DeltaLogic: Minimal Premise Edits Reveal Belief-Revision Failures in Logical Reasoning Models

arXiv cs.AI / 4/6/2026

📰 NewsSignals & Early TrendsIdeas & Deep AnalysisModels & Research

Key Points

  • DeltaLogic is introduced as a benchmark protocol that tests belief revision under minimal premise edits by turning static reasoning problems into short “revision episodes.”
  • The method first elicits a conclusion from premises P, then applies a small edit δ(P), and finally checks whether the model’s prior conclusion should stay stable or be revised.
  • Experiments using FOLIO and ProofWriter show that stronger initial logical reasoning does not reliably translate to stronger revision behavior after local evidence changes (e.g., Qwen3-1.7B has higher initial accuracy than revision accuracy).
  • Some models exhibit notable “inertia” patterns and other failure modes such as near-universal abstention or control instability, indicating distinct weaknesses beyond fixed-premise inference.
  • The authors argue DeltaLogic measures a practically important capability—disciplined belief revision—that complements existing logical reasoning benchmarks.

Abstract

Reasoning benchmarks typically evaluate whether a model derives the correct answer from a fixed premise set, but they under-measure a closely related capability that matters in dynamic environments: belief revision under minimal evidence change. We introduce DeltaLogic, a benchmark transformation protocol that converts natural-language reasoning examples into short revision episodes. Each episode first asks for an initial conclusion under premises P, then applies a minimal edit {\delta}(P), and finally asks whether the previous conclusion should remain stable or be revised. We instantiate DeltaLogic from FOLIO and ProofWriter and evaluate small causal language models with constrained label scoring. On a completed 30-episode Qwen evaluation subset, stronger initial reasoning still does not imply stronger revision behavior: Qwen3-1.7B reaches 0.667 initial accuracy but only 0.467 revision accuracy, with inertia rising to 0.600 on episodes where the gold label should change, while Qwen3-0.6B collapses into near universal abstention.
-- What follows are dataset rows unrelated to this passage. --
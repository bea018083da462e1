-- ===== src/Storage/Pipeline/Batch.antt =====
-- What the steps of the pipeline do to one job, storage/src/pipeline.rs.
use sc_desktop_beautiful.Prelude.{
  List, Option, [], arith, false, if-cases, if◌then◌else◌, leb, none, refl, some, suc, zero, ℕ, ◌+◌,
  ◌<◌, ◌==◌, ◌∙◌, ◌∷◌, ◌≡◌, ◌≢◌,
}
use sc_desktop_beautiful.Prelude.Outcome.{Outcome, Returns, Returns-mono, bind-Returns}
use sc_desktop_beautiful.Storage.Files.{Files, remove, remove_ne, remove_self, write, write_ne}
use sc_desktop_beautiful.Storage.Local.{Committed, failed, fine, io, not_found, other}
use sc_desktop_beautiful.Storage.Pipeline.{
  Accepted, Answer, PipelineError, Ran, Setup, World, answered, attempted, commit_single, encoded,
  exited, give_up, key_for, not_started, process_writer_job, remove_outputs, retried, retry_single,
  run_ffmpeg_batch, spawn_commit, swept, write_outputs,
}

-- How many answers a channel got.
abbrev pub answers_to : ℕ → List Answer → ℕ
answers_to i [] = 0
answers_to i (a ∷ more) = (if a.id == i then 1 else 0) + answers_to i more

-- What the pipeline relies on: a commit that succeeds takes its source away, and no commit touches
-- another temporary path.
pub record Lawful (s : Setup) (Temp : List ℕ → Type 0) : Type 0 where
  pub gone :
      (n : ℕ) (src filename : List ℕ) (files : Files)
      → Temp src
      → (s.commit_transcode n (key_for filename) src filename files).0 ≡ fine
      → (s.commit_transcode n (key_for filename) src filename files).1 src ≡ none
  pub apart :
      (n : ℕ) (src filename : List ℕ) (files : Files) (p : List ℕ)
      → Temp p
      → src ≢ p
      → (s.commit_transcode n (key_for filename) src filename files).1 p ≡ files p

module _ (s : Setup) (Temp : List ℕ → Type 0) where
  -- One job is done with: its two files are gone, it has one answer more, and no other job has.
  pub record Handled (a : Accepted s) (w w' : World) : Type 0 where
    pub source_gone : w'.files a.0.source ≡ none
    pub staged_gone : w'.files a.2 ≡ none
    pub apart : (p : List ℕ) → Temp p → a.0.source ≢ p → a.2 ≢ p → w'.files p ≡ w.files p
    pub counted :
        (i : ℕ) → answers_to i w'.answers ≡ answers_to i w.answers + (if a.0.id == i then 1 else 0)

  -- A step that is done with a job whose staged path is as `P` says.
  abbrev pub Handles : (Option ℕ → Type 0) → (Accepted s → World → Outcome World) → Type 0
  Handles P step =
      (a : Accepted s) (w : World)
      → Temp a.0.source
      → Temp a.2
      → a.0.source ≢ a.2
      → P (w.files a.2)
      → Returns (Handled a w) (step a w)

module _ (s : Setup) (Temp : List ℕ → Type 0) (law : Lawful s Temp) where
  abbrev Apart : List ℕ → Files → Files → Type 0
  Apart src files f = (p : List ℕ) → Temp p → src ≢ p → f p ≡ files p

  abbrev Written : List ℕ → Files → Option PipelineError × Files → Type 0
  Written src files (none, f) = (f src ≡ none) × Apart src files f
  Written src files (some e, f) = Apart src files f

  attempted-Written :
      (attempt : ℕ) (src : List ℕ) (files : Files) (out : Committed × Files)
      (rest : Outcome (Option PipelineError × Files))
      → (out.0 ≡ fine → out.1 src ≡ none)
      → Apart src files out.1
      → (leb (s.upload_retries + 1) (attempt + 1) ≡ false → Returns (Written src files) rest)
      → Returns (Written src files) (attempted s attempt src rest out)
  unfolding attempted
  attempted-Written attempt src files (fine, f) rest gone apart later = (gone refl, apart)
  attempted-Written attempt src files (failed not_found, f) rest gone apart later = apart
  attempted-Written attempt src files (failed (io m), f) rest gone apart later =
      if-cases (Returns (Written src files)) (leb (s.upload_retries + 1) (attempt + 1)) _ _
        (λ _ p t ne. remove_ne src p f ne ∙ apart p t ne) later
  attempted-Written attempt src files (failed (other m), f) rest gone apart later =
      if-cases (Returns (Written src files)) (leb (s.upload_retries + 1) (attempt + 1)) _ _
        (λ _ p t ne. remove_ne src p f ne ∙ apart p t ne) later

  -- The attempts come to an end.
  process_writer_job-Written :
      (left attempt : ℕ) (src filename : List ℕ) (files : Files)
      → Temp src
      → 0 < left
      → attempt + left ≡ s.upload_retries + 1
      → Returns
          (Written src files)
          (process_writer_job s left attempt (key_for filename) src filename files)
  unfolding process_writer_job
  process_writer_job-Written zero attempt src filename files t h e = absurd (omega arith)
  process_writer_job-Written (suc left) attempt src filename files t h e =
      let out = s.commit_transcode attempt (key_for filename) src filename files in
      attempted-Written attempt src files out _ (law.gone attempt src filename files t)
        (law.apart attempt src filename files)
        λ more.
          Returns-mono (Written src out.1) (Written src files) _
            (process_writer_job-Written left (attempt + 1) src filename out.1 t (ground arith)
              (omega arith))
            λ o _ w. later out.1 o (law.apart attempt src filename files) w
    where
      later :
          (f : Files) (o : Option PipelineError × Files)
          → Apart src files f
          → Written src f o
          → Written src files o
      later f (none, g) a (gone, b) = (gone, λ p t ne. b p t ne ∙ a p t ne)
      later f (some x, g) a b = λ p t ne. b p t ne ∙ a p t ne

  commit_single-Swept :
      (filename tmp : List ℕ) (files : Files)
      → Temp tmp
      → Returns (λ o. (o.1 tmp ≡ none) × Apart tmp files o.1) (commit_single s filename tmp files)
  unfolding commit_single swept
  commit_single-Swept filename tmp files t =
      bind-Returns (Written tmp files) _ _ _
        (process_writer_job-Written (s.upload_retries + 1) 0 tmp filename files t (omega arith)
          (omega arith))
        λ o _ w. clean o w
    where
      clean :
          (o : Option PipelineError × Files)
          → Written tmp files o
          → ((swept s tmp o).1 tmp ≡ none) × Apart tmp files (swept s tmp o).1
      clean (none, f) w = w
      clean (some e, f) w = (remove_self tmp f, λ p t ne. remove_ne tmp p f ne ∙ w p t ne)

  pub spawn_commit-Handles : Handles s Temp (λ v. Unit {0}) (spawn_commit s)
  unfolding answered spawn_commit
  spawn_commit-Handles a w t u ne h =
      bind-Returns (λ o. (o.1 a.2 ≡ none) × Apart a.2 w.files o.1) (Handled s Temp a w) _ _
        (commit_single-Swept a.0.filename a.2 w.files u) λ o _ c. done o c
    where
      done :
          (o : Option PipelineError × Files)
          → (o.1 a.2 ≡ none) × Apart a.2 w.files o.1
          → Handled s Temp a w (answered s a w o)
      done (none, f) (gone, apart) = record {
        source_gone = remove_self a.0.source f;
        staged_gone = remove_ne a.0.source a.2 f ne ∙ gone;
        apart = λ p t x y. remove_ne a.0.source p f x ∙ apart p t y;
        counted = λ i. omega arith;
      }
      done (some e, f) (gone, apart) = record {
        source_gone = remove_self a.0.source f;
        staged_gone = remove_ne a.0.source a.2 f ne ∙ gone;
        apart = λ p t x y. remove_ne a.0.source p f x ∙ apart p t y;
        counted = λ i. omega arith;
      }

  pub give_up-Handles : (m : List ℕ) → Handles s Temp (λ v. v ≡ none) (give_up s m)
  unfolding give_up
  give_up-Handles m a w t u ne h = record {
    source_gone = remove_self a.0.source w.files;
    staged_gone = remove_ne a.0.source a.2 w.files ne ∙ h;
    apart = λ p t x y. remove_ne a.0.source p w.files x;
    counted = λ i. omega arith;
  }

  -- The files of a job may change before a step is done with it.
  pub Handled-from :
      (a : Accepted s) (w w' : World) (f : Files)
      → ((p : List ℕ) → a.2 ≢ p → f p ≡ w.files p)
      → Handled s Temp a (record w { files = f }) w'
      → Handled s Temp a w w'
  Handled-from a w w' f same h = record {
    source_gone = h.source_gone;
    staged_gone = h.staged_gone;
    apart = λ p t x y. h.apart p t x y ∙ same p y;
    counted = h.counted;
  }

  pub retry_single-Handles : Handles s Temp (λ v. v ≡ none) (retry_single s)
  unfolding retried retry_single run_ffmpeg_batch write_outputs remove_outputs
  retry_single-Handles a w t u ne h = retry (s.run (a.0.source ∷ []))
    where
      moved_to :
          (f : Files) (out : Outcome World)
          → ((p : List ℕ) → a.2 ≢ p → f p ≡ w.files p)
          → Returns (Handled s Temp a (record w { files = f })) out
          → Returns (Handled s Temp a w) out
      moved_to f out same r =
          Returns-mono (Handled s Temp a (record w { files = f })) (Handled s Temp a w) out r
            λ w' _ x. Handled-from a w w' f same x

      retry :
          (r : Ran)
          → Returns
              (Handled s Temp a w)
              (retried s a w (run_ffmpeg_batch s.encode r ((a.0.source, a.2) ∷ []) w.files))
      retry encoded =
          let f = write a.2 (s.encode (w.files a.0.source)) w.files in
          moved_to f _ (λ p x. write_ne a.2 p _ w.files x)
            (spawn_commit-Handles a (record w { files = f }) t u ne tt)
      retry (exited m) =
          let f = remove a.2 w.files in
          moved_to f _ (λ p x. remove_ne a.2 p w.files x)
            (give_up-Handles m a (record w { files = f }) t u ne (remove_self a.2 w.files))
      retry (not_started m) = give_up-Handles m a w t u ne h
There, Qwen3-4B preserves the same inertial failure pattern (0.650 initial, 0.450 revised, 0.600 inertia), whereas Phi-4-mini-instruct is substantially stronger (0.950 initial, 0.850 revised) but still exhibits non-trivial abstention and control instability. These results suggest that logical competence under fixed premises does not imply disciplined belief revision after local evidence edits. DeltaLogic therefore targets a distinct and practically important reasoning capability that complements existing logical inference and belief-updating benchmarks.